When Markus said "there's something wrong with X", I guess he's actually
saying "X does harm". In the case of Gmail, I'm inclined to believe that it
_does_ harm: better brain hacking (ads) through breaches of privacy —Google is
effectively reading your mail. Also the "destroying the economy" effect may be
quite real, though I think it's probably limited to short term damages.

> _People are freely and willingly agree to […]._

You're assuming people are rational. They're not. People freely and willingly
agree to bamboozle themselves all the time, sometimes creating a network
effect that will make it easier for _more_ people to bamboozle themselves.
Some people gamble too much and owe money to a Mafioso. Others join the
Scientology. Or start doing drugs in a moment of weakness. Or use proprietary
software, and eventually lose data. Etc, etc.

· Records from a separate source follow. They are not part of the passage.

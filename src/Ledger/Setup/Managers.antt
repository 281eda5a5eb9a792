-- ===== src/Ledger/Setup/Managers.antt =====
-- Who manages the books of an organization: the two checks of the caller in
-- `close_accounting_period` of app/financial_service.py.
use moneybee_backend.Base.{
  ℕ, ◌≡◌, refl, arith, true, Option, none, some, contains, Bool-cases, ◌⊎◌, inl, inr, ap, sym,
  subst, not, ◌&&◌, ◌||◌,
}
use moneybee_backend.Base.Action.{ok}
use moneybee_backend.Principal.{Principal}
use moneybee_backend.Ledger.Records.{LedgerDb}
use moneybee_backend.Ledger.Access.{
  has_permission, require_finance_permission, organization_of, active_organization,
}

-- The caller acts for the organization, and manages its books or may do all.
abbrev pub Manages : Principal → ℕ → Type 0
Manages principal o =
    (principal.active_organization_id ≡ some o)
    × ((has_permission principal "*" ≡ true)
        ⊎ ((has_permission principal "finance.manage" ≡ true)
            × (contains o principal.organization_ids ≡ true)))

organization_of-allowed :
    (principal : Principal) (active : Option ℕ) (o : ℕ) (db : LedgerDb)
    → organization_of principal active db ≡ (ok o, db)
    → (active ≡ some o)
      × ((has_permission principal "*" || contains o principal.organization_ids) ≡ true)
organization_of-allowed principal none o db h = cc
organization_of-allowed principal (some k) o db h =
    elim (Bool-cases
      (not (has_permission principal "*") && not (contains k principal.organization_ids))) [
        | inl denied ↦ cc (rw denied at h)
        | inr granted ↦
            let same : k ≡ o = cc (rw granted at h) in
            (
              ap some same,
              subst
                  (λ x.
                    (has_permission principal "*" || contains x principal.organization_ids) ≡ true)
                  same (ground arith),
            )
      ]

require_finance_permission-allowed :
    (principal : Principal) (db : LedgerDb)
    → require_finance_permission principal "finance.manage" db ≡ (ok tt, db)
    → (has_permission principal "*" || has_permission principal "finance.manage") ≡ true
unfolding require_finance_permission
require_finance_permission-allowed principal db h =
    elim (Bool-cases
      (not (has_permission principal "*") && not (has_permission principal "finance.manage"))) [
        | inl denied ↦ cc (rw denied at h)
        | inr granted ↦ ground arith
      ]

-- the two checks of the caller let through those who manage the organization
pub checked-Manages :
    (principal : Principal) (o : ℕ) (db : LedgerDb)
    → require_finance_permission principal "finance.manage" db ≡ (ok tt, db)
    → active_organization principal db ≡ (ok o, db)
    → Manages principal o
unfolding active_organization
checked-Manages principal o db permitted organization =
    let (active, member) =
      organization_of-allowed principal principal.active_organization_id o db organization in
    let may = require_finance_permission-allowed principal db permitted in
    (
      active,
      elim (Bool-cases (has_permission principal "*")) [
        | inl all ↦ inl all
        | inr some_only ↦ inr (ground arith, ground arith)
      ],
    )

member-organization_of :
    (principal : Principal) (o : ℕ) (db : LedgerDb)
    → (has_permission principal "*" || contains o principal.organization_ids) ≡ true
    → organization_of principal (some o) db ≡ (ok o, db)
member-organization_of principal o db h = elim (Bool-cases (has_permission principal "*")) [
  | inl all ↦ rw all refl
  | inr some_only ↦
      let member : contains o principal.organization_ids ≡ true = ground arith in
      rw (some_only, member) refl
]

pub Manages-active_organization :
    (principal : Principal) (o : ℕ) (db : LedgerDb)
    → Manages principal o
    → active_organization principal db ≡ (ok o, db)
unfolding active_organization
Manages-active_organization principal o db (active, allowed) =
    subst (λ x. organization_of principal x db ≡ (ok o, db)) (sym active)
      (member-organization_of principal o db (ground arith))

pub Manages-require_finance_permission :
    (principal : Principal) (o : ℕ) (db : LedgerDb)
    → Manages principal o
    → require_finance_permission principal "finance.manage" db ≡ (ok tt, db)
unfolding require_finance_permission
Manages-require_finance_permission principal o db (active, inl all) = rw all refl
Manages-require_finance_permission principal o db (active, inr (manage, member)) =
    elim (Bool-cases (has_permission principal "*")) [
      | inl all ↦ rw all refl
      | inr some_only ↦ rw (some_only, manage) refl
    ]
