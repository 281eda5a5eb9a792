-- ===== src/Ledger/Setup/Closing.antt =====
-- What a call of `close_accounting_period` of app/financial_service.py does, however it ends.
use moneybee_backend.Base.{
  ℕ, ◌≡◌, ◌≤◌, refl, arith, true, some, List, [], ◌∷◌, ◌++◌, find, put, Bool-cases, inl, inr, ap,
  ◌∙◌, sym, subst, false,
}
use moneybee_backend.Base.Action.{Result, ok, err, ◌>>=◌, >>=-of_ok}
use moneybee_backend.Base.Oldest.{Listed}
use moneybee_backend.Principal.{Principal}
use moneybee_backend.Ledger.Records.{
  AccountingPeriod, PeriodStatus, opened, closed, locked, LedgerEvent, LedgerDb, LedgerProblem,
  Host,
}
use moneybee_backend.Ledger.Access.{require_finance_permission, active_organization}
use moneybee_backend.Ledger.Journal.{is_open}
use moneybee_backend.Ledger.Setup.{save_period, is_period, close_period_in, close_accounting_period}
use moneybee_backend.Ledger.Setup.Periods.{periods_with, shut, found_period}
use moneybee_backend.Ledger.Setup.Calendar.{
  IsCalendar, Closes, close_accounting_period-cases, IsCalendar-close,
}
use moneybee_backend.Ledger.Setup.Managers.{
  Manages, checked-Manages, Manages-active_organization, Manages-require_finance_permission,
}

-- The stored period with this id, open, of the organization that the caller manages.
pub record IsClosable (principal : Principal) (period_id : ℕ) (db : LedgerDb) (p : AccountingPeriod)
    : Type 0 where
  pub listed : Listed p db.periods
  pub id : p.id ≡ period_id
  pub managed : Manages principal p.organization_id
  pub status : p.status ≡ opened

-- `p'` is `p`, closed now by the caller.
pub record IsShut (host : Host) (principal : Principal) (p p' : AccountingPeriod) : Type 0 where
  pub status : p'.status ≡ closed
  pub closed_at : p'.closed_at ≡ some host.now
  pub closed_by : p'.closed_by ≡ some principal.subject
  pub id : p'.id ≡ p.id
  pub organization_id : p'.organization_id ≡ p.organization_id
  pub name : p'.name ≡ p.name
  pub starts_at : p'.starts_at ≡ p.starts_at
  pub ends_at : p'.ends_at ≡ p.ends_at

abbrev closing_event : Principal → AccountingPeriod → LedgerEvent
closing_event principal p = record {
  action = "FINANCE_PERIOD_CLOSED";
  resource_id = p.id;
  organization_id = p.organization_id;
  actor_id = principal.subject;
}

-- only the row of `p'` and the two logs differ
pub record IsOnlyShut (principal : Principal) (p' : AccountingPeriod) (db db' : LedgerDb)
    : Type 0 where
  pub periods : db'.periods ≡ put (λ (r : AccountingPeriod). r.id) p' db.periods
  pub accounts : db'.accounts ≡ db.accounts
  pub entries : db'.entries ≡ db.entries
  pub postings : db'.postings ≡ db.postings
  pub audit : db'.audit ≡ db.audit ++ closing_event principal p' ∷ []
  pub outbox : db'.outbox ≡ db.outbox ++ closing_event principal p' ∷ []

module _ (host : Host) (principal : Principal) (period_id : ℕ) (db : LedgerDb) where
  -- What a close promises: it is refused and no period can be closed by it, or it closes the one
  -- that can.
  abbrev pub Shuts : Result LedgerProblem AccountingPeriod × LedgerDb → Type 0
  Shuts (err x, db') = (db' ≡ db) × ((p : AccountingPeriod) → ¬ IsClosable principal period_id db p)
  Shuts (ok p', db') =
      (p : AccountingPeriod) × IsClosable principal period_id db p
      × IsShut host principal p p'
      × IsOnlyShut principal p' db db'
      × IsCalendar db'

find-Listed :
    (k o : ℕ) (p : AccountingPeriod) (ps : List AccountingPeriod)
    → find (is_period k o) ps ≡ some p
    → Listed p ps
find-Listed k o p [] h = cc
find-Listed k o p (q ∷ ps) h = elim (Bool-cases (is_period k o q)) [
  | inl hit ↦ inl (cc (rw hit at h))
  | inr miss ↦ inr (find-Listed k o p ps (rw miss at h))
]

Listed-periods_with :
    (p : AccountingPeriod) (ps : List AccountingPeriod) → Listed p ps → 1 ≤ periods_with p.id ps
Listed-periods_with p [] h = elim h [ ]
Listed-periods_with p (q ∷ ps) (inl same) =
    let same_id : q.id ≡ p.id = ap (λ (x : AccountingPeriod). x.id) same in ground arith
Listed-periods_with p (q ∷ ps) (inr later) = omega (arith, Listed-periods_with p ps later)

-- With unique ids the query for a listed period finds it.
Listed-find :
    (p : AccountingPeriod) (ps : List AccountingPeriod)
    → periods_with p.id ps ≤ 1
    → Listed p ps
    → find (is_period p.id p.organization_id) ps ≡ some p
Listed-find p [] one h = elim h [ ]
Listed-find p (q ∷ ps) one (inl same) =
    let hit : is_period p.id p.organization_id q ≡ true =
      subst (λ (x : AccountingPeriod). is_period x.id x.organization_id q ≡ true) same
        (ground arith) in
    rw hit (ap some same)
Listed-find p (q ∷ ps) one (inr later) =
    let more = Listed-periods_with p ps later in
    let miss : is_period p.id p.organization_id q ≡ false = ground arith in
    rw miss (Listed-find p ps (ground arith) later)

is_open_lem : (s : PeriodStatus) → is_open s ≡ true → s ≡ opened
is_open_lem opened h = refl
is_open_lem closed h = cc
is_open_lem locked h = cc

module _ (host : Host) (principal : Principal) (period_id : ℕ) (db : LedgerDb) where
  -- A period that can be closed is closed.
  closable_ok :
      (p : AccountingPeriod)
      → IsCalendar db
      → IsClosable principal period_id db p
      → close_accounting_period host principal period_id db
        ≡ (ok (shut host principal p), save_period principal (shut host principal p) db)
  unfolding close_accounting_period close_period_in
  closable_ok p calendar can =
      let permit = require_finance_permission principal "finance.manage" in
      let next = close_period_in host principal period_id in
      let start = active_organization principal >>= next in
      let found : find (is_period period_id p.organization_id) db.periods ≡ some p =
        subst (λ k. find (is_period k p.organization_id) db.periods ≡ some p) can.id
          (Listed-find p db.periods (calendar.one_period p.id) can.listed) in
      >>=-of_ok permit (λ u. start) db
        (Manages-require_finance_permission principal p.organization_id db can.managed)
      ∙ >>=-of_ok (active_organization principal) next db
          (Manages-active_organization principal p.organization_id db can.managed)
      ∙ rw (found, can.status) refl

  closed_period-Shuts :
      (o : ℕ) (p : AccountingPeriod)
      → IsCalendar db
      → Closes host principal period_id db o p
      → Shuts host principal period_id db
          (ok (shut host principal p), save_period principal (shut host principal p) db)
  closed_period-Shuts o p calendar closes =
      let (same_id, same_o, c) =
        found_period host principal period_id o p db.periods closes.found in
      (
        p,
        record {
          listed = find-Listed period_id o p db.periods closes.found;
          id = same_id;
          managed =
              subst (Manages principal) (sym same_o)
                (checked-Manages principal o db closes.permitted closes.organization);
          status = is_open_lem p.status closes.opened;
        },
        record {
          status = refl;
          closed_at = refl;
          closed_by = refl;
          id = refl;
          organization_id = refl;
          name = refl;
          starts_at = refl;
          ends_at = refl;
        },
        record {
          periods = refl;
          accounts = refl;
          entries = refl;
          postings = refl;
          audit = refl;
          outbox = refl;
        },
        IsCalendar-close host principal period_id db o p calendar closes.found,
      )

  -- If an organization has at most one period at any moment and period ids are unique: a close is
  -- refused and changes nothing, and then no stored period with this id is open and of the
  -- organization that the caller acts for and may manage; or it answers with such a period, now closed
  -- at the time of the call by the caller and else as before. This row and an entry in either log
  -- are all that changes, and the calendar is kept.
  pub close_accounting_period-Shuts :
      IsCalendar db
      → Shuts host principal period_id db (close_accounting_period host principal period_id db)
  close_accounting_period-Shuts calendar =
      elim (close_accounting_period-cases host principal period_id db) [
        | inl (x, raised) ↦ rw raised (refl, λ p can. cc (sym raised ∙ closable_ok p calendar can))
        | inr (o, p, closes) ↦ rw closes.call (closed_period-Shuts o p calendar closes)
      ]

About the specific case of "cloud" centralized services (web mail, video
streaming, blogs, social networks…), the main harm is a progressive loss of
privacy, and increased dependence. I think it all stemmed from the thought
that people are consumers, not creators. Technically this got translated by
"people hardly need to upload". Hence the 'A' in "ADSL". Symmetry was
sacrificed at the altar of download rate. Since then, any hope to have a
decent server at home was basically crushed. Some providers even prevent you
to host a server, or to send e-mail (they typically force you to go through
their crappy, rate-limited relays).

Anyway, people did create. They wrote. They made videos. They shared their
life with friends. And they continued to send e-mail. Well, the only practical
solution to do all that was to use convenient centralized services. No way any
given person would have enough bandwidth to host one's popular video. So it
all goes to YouTube, creating a serious imbalance in the data transfer rates
that makes some network operators uneasy.

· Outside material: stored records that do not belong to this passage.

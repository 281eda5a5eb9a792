-- ===== src/Ledger/Setup/Shut.antt =====
-- Journals and closed accounting periods, app/financial_service.py.
use moneybee_backend.Base.{
  ℕ, ◌≤◌, ◌<◌, ◌≡◌, ◌≢◌, arith, String, false, none, some, List, find, inl, inr, ap, ◌∙◌, sym,
  subst,
}
use moneybee_backend.Base.Action.{ok}
use moneybee_backend.Principal.{Principal}
use moneybee_backend.Ledger.Records.{
  AccountingPeriod, JournalEntry, JournalPosting, JournalEntryCreate, LedgerDb, Host,
}
use moneybee_backend.Ledger.Journal.{is_open, period_for_date, post_journal}
use moneybee_backend.Ledger.Journal.Outcomes.{Posts, post_journal-Posts}
use moneybee_backend.Ledger.Setup.{save_period, is_period, close_accounting_period}
use moneybee_backend.Ledger.Setup.Periods.{covers, shut, find-close, found_period}
use moneybee_backend.Ledger.Setup.Calendar.{IsCalendar, close_accounting_period-cases}

period_for_date-shut :
    (host : Host) (principal : Principal) (period_id o t : ℕ) (db : LedgerDb) (p : AccountingPeriod)
    → IsCalendar db
    → find (is_period period_id o) db.periods ≡ some p
    → p.starts_at ≤ t
    → t < p.ends_at
    → period_for_date p.organization_id t (save_period principal (shut host principal p) db)
      ≡ some (shut host principal p)
unfolding period_for_date
period_for_date-shut host principal period_id o t db p calendar found from to =
    let (a, same_o, c) = found_period host principal period_id o p db.periods found in
    subst
      (λ x.
        find (covers x t) (save_period principal (shut host principal p) db).periods
        ≡ some (shut host principal p))
      (sym same_o)
      (find-close host principal t period_id o p db.periods found (calendar.one_period period_id)
        (calendar.one_covers o t) (ground arith))

-- After a period was closed, a journal that takes effect in it is not posted for its
-- organization, whoever posts it, if before the close every organization had at most one period
-- at any moment and period ids were unique.
pub post_journal_after_close :
    (host host' : Host) (principal principal' : Principal) (period_id entry_id : ℕ)
    (db db' db'' : LedgerDb) (p : AccountingPeriod) (payload : JournalEntryCreate)
    (raw_key : String) (e : JournalEntry) (ps : List JournalPosting)
    → IsCalendar db
    → close_accounting_period host principal period_id db ≡ (ok p, db')
    → p.starts_at ≤ payload.effective_at
    → payload.effective_at < p.ends_at
    → post_journal host' principal' payload raw_key entry_id none db' ≡ (ok (e, ps, false), db'')
    → e.organization_id ≢ p.organization_id
post_journal_after_close host host' principal principal' period_id entry_id db db' db'' p payload
      raw_key e ps calendar closes from to posts same =
    elim (close_accounting_period-cases host principal period_id db) [
      | inl (x, raised) ↦ cc (sym raised ∙ closes)
      | inr (o, old, closing) ↦
          let result = sym closing.call ∙ closes in
          let same_p : shut host principal old ≡ p = cc result in
          let same_db : save_period principal (shut host principal old) db ≡ db' =
            ap (λ r. r.1) result in
          let (a, b, c, (q, records, covered, opened)) =
            subst (Posts payload db') posts
              (post_journal-Posts host' principal' payload raw_key entry_id db') in
          let found =
            period_for_date-shut host principal period_id o payload.effective_at db old calendar
              closing.found
              (subst (λ (x : AccountingPeriod). x.starts_at ≤ payload.effective_at) (sym same_p)
                from)
              (subst (λ (x : AccountingPeriod). payload.effective_at < x.ends_at) (sym same_p)
                to) in
          let now : period_for_date old.organization_id payload.effective_at db'
              ≡ some (shut host principal old) =
            subst
              (λ d.
                period_for_date old.organization_id payload.effective_at d
                ≡ some (shut host principal old))
              same_db found in
          let org : e.organization_id ≡ old.organization_id =
            same ∙ ap (λ (x : AccountingPeriod). x.organization_id) (sym same_p) in
          let there : period_for_date old.organization_id payload.effective_at db' ≡ some q =
            subst (λ x. period_for_date x payload.effective_at db' ≡ some q) org covered in
          let same_q : shut host principal old ≡ q = cc (sym now ∙ there) in
          cc (ap (λ (x : AccountingPeriod). is_open x.status) same_q ∙ opened)
    ]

Oh, there's an exception: Bit-torrent. It is an incredibly convenient _and_
scalable way to share big files on the internet. And it's quite popular. Alas,
because of asymmetric bandwidth, it doesn't work nearly as well as it should.
Which is basically why we used MegaUpload —until "Big IP" shut it down. With
symmetric bandwidth, it would have had no use, and Big IP couldn't have
annoyed so many people.

We _could_ have had symmetric bandwidth, convenient servers at home and all
the privacy and independence that they can give us. However the market,
people's preference for short term convenience, and network effects conspired
against it. And the worse is, it works even if each individual choice _is_
rational. Take the web mails: it could be rational _for you_ to use it, but
then, you participate in a network effect that get people to only accept email
from the big players. This has already started: mails sent from home are often
dismissed as spam right away. Most such mail _is_ spam, but the (possibly
rational) rejection is hurting the legitimate users.

------
sgoody
I'm pretty disappointed by the recent dropping of standards that Google has
been doing.

I'm quite a sceptical person and I've never been a fan of any big corp, but
Google has been the one that I've trusted my data in the most and that I've
been happiest with.

I still trust them with some of my data, but I'm rapidly losing faith in them
and in fact I'm starting to think that Microsoft are a more "open" company...
and I'd consider myself a one-time Microsoft hater, but I think they've turned
things around.

The only reason I'm still with them for email/calendars is that they're just
so very very good. But they're privacy policies for GDrive scare me, so I
don't use that.

Frankly though, I'm starting to think that my data and services would be
better off with Microsoft now...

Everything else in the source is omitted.